An ordinary plane leaves an airport and flies due west at 180kph. Two hours later, a jet leaves the same airport and flies due west at 900kph. How far from the airport will the jet overtake the ordinary plane?
key point:
at the "overtaking" they both will have gone the same distance in a time 2 hrs apart.
let the time taken by the jet be t hrs
then the time taken by the small plane be t+2 hrs
900t = 180(t+2)
900t = 180t + 360
720t = 360
t = 1/2
then 900t = 450
they will be together after 450 km
check:
jet went 900(1/2) = 450 km
small plane went 180(2 1/2)
= 180(5/2) = 450 km
Ok !
To determine the distance from the airport where the jet overtakes the ordinary plane, we need to consider their relative speeds.
Let x be the distance covered by the jet when it overtakes the ordinary plane.
At the time the jet overtakes the ordinary plane, the ordinary plane has been flying for 2 + (x/180) hours.

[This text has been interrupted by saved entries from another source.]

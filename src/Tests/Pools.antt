-- ===== src/Tests/Pools.antt =====
-- The default routes with one key, and calls on both pools.
use durallm.Common.{
  ℕ, ◌+◌, ◌≡◌, refl, true, false, not, Option, none, some, String, List, [], ◌∷◌, keep, length,
  arith, ◌==◌, string_eq, any,
}
use durallm.Pools.Manager.{
  IsolatedPoolManager, Clock, lower, select_route, get_candidate_routes, mark_cooldown,
  mark_provider_quota_exhausted,
}
use durallm.Pools.Routes.{new_pool_manager}
use durallm.Pools.View.{restrict}
use durallm.Pools.Candidates.{Serves, select_route-Serves, get_candidate_routes-mark_cooldown}
use durallm.Pools.Others.{PoolCall, cools, exhausts, deprecates, selects, exhausts_provider, run}
use durallm.Pools.Isolation.{AreOthers, with_lockouts, lockouts_after, select_route-run}

abbrev manager : IsolatedPoolManager
manager = record new_pool_manager { keys = ("GROQ_API_KEY", "k") ∷ [] }

abbrev at : ℕ → Clock
at n = record { monotonic = n; epoch = n }

abbrev agent_calls : List (Clock × PoolCall)
agent_calls =
    (at 100, cools "general_agent" "groq-llama31-agent" 60000)
    ∷ (at 200, exhausts "general_agent" "groq-qwen36-coding" 86400000)
    ∷ (at 300, deprecates "general_agent" "qwen/qwen3.6-27b")
    ∷ (at 400, selects "general_agent")
    ∷ (at 450, exhausts_provider "general_agent" "groq" 86400000)
    ∷ []

select_route-run_example :
    let s' = with_lockouts (lockouts_after agent_calls manager) manager in
    ((select_route "coding" (at 500) (run agent_calls manager)).0
      ≡ (select_route "coding" (at 500) s').0)
    × (restrict "coding" 500 (select_route "coding" (at 500) (run agent_calls manager)).1
        ≡ restrict "coding" 500 (select_route "coding" (at 500) s').1)
unfolding lower
select_route-run_example =
    let q : AreOthers "coding" 500 agent_calls = (
      ((refl, refl), omega arith),
      (
        ((refl, refl), omega arith),
        (
          ((refl, refl), omega arith),
          (((refl, refl), omega arith), (((refl, refl), omega arith), tt)),
        ),
      ),
    ) in
    select_route-run "coding" (at 500) agent_calls manager q

select_route-Serves_example :
    Serves "coding" (at 500) manager (select_route "coding" (at 500) manager).0
select_route-Serves_example = select_route-Serves "coding" (at 500) manager

get_candidate_routes-mark_cooldown_example :
    (get_candidate_routes "coding"
      (at 500)
      (mark_cooldown "coding" "Groq-Qwen36-Coding" 60000 (at 100) manager)).0
    ≡ keep
        (λ r. not (lower r.id == lower "Groq-Qwen36-Coding"))
        (get_candidate_routes "coding" (at 500) manager).0
get_candidate_routes-mark_cooldown_example =
    get_candidate_routes-mark_cooldown "coding" "Groq-Qwen36-Coding" 60000 (at 100) (at 500) manager
      (omega arith)

-- A cooldown that is filed under the id of an endpoint, which starts with the pool, takes nothing away.
endpoint_id_lem :
    length
      (get_candidate_routes "coding"
        (at 500)
        (mark_cooldown "coding" "coding:groq-qwen36-coding" 60000 (at 100) manager)).0
    ≡ 4
unfolding get_candidate_routes mark_cooldown durallm.Common.Text.strip durallm.Common.Dict.lookup
    durallm.Common.Dict.insert lower
endpoint_id_lem = refl

-- An account-wide lockout that one pool met empties the other as well.
lockout_crosses_lem :
    length
      (get_candidate_routes "coding"
        (at 500)
        (mark_provider_quota_exhausted "general_agent" "groq" 86400000 (at 100) manager)).0
    ≡ 0
unfolding get_candidate_routes mark_provider_quota_exhausted durallm.Common.Text.strip
    durallm.Common.Dict.lookup durallm.Common.Dict.insert lower
lockout_crosses_lem = refl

This can be expressed as:
2 + (x/180) = (x/900)
Multiplying both sides of the equation by 900 gives:
1800 + 5x = x
Rearranging the equation, we have:
4x = 1800
Dividing by 4 gives:
x = 450
Therefore, the jet will overtake the ordinary plane 450 kilometers from the airport.
To determine the distance at which the jet overtakes the ordinary plane, we need to calculate the flight time of both planes and their distance covered during that time.
First, let's calculate the flight time of the ordinary plane. Since it flies at a constant speed of 180 kph, we can use the formula:
Flight time = Distance / Speed
Let's assume t1 as the flight time of the ordinary plane. Given that it flies for two hours, we have:
t1 = 2 hours
Next, let's calculate the flight time of the jet. Similarly, we can use the formula:
t2 = distance / speed
The speed of the jet is given as 900 kph, and since it departs two hours after the ordinary plane, the flight time can be represented as:
t2 = t1 - 2
Since both planes are flying due west, their distances traveled will be the speed multiplied by the flight time. Let d1 represent the distance covered by the ordinary plane, and d2 represent the distance covered by the jet.
d1 = 180 kph * t1
d2 = 900 kph * t2
To find the point where the jet overtakes the ordinary plane, we need to equate their distances traveled as they are moving at the same velocity:
d1 = d2
180 kph * t1 = 900 kph * t2
Now we can substitute the values of t1 and t2 from our earlier calculations:
180 kph * 2 = 900 kph * (2 - 2)
Simplifying the equation:
360 kph = 0 kph
Since the equation is not valid, it means that the jet will not overtake the ordinary plane. The two planes will never meet because the jet's speed is five times faster than the ordinary plane's speed.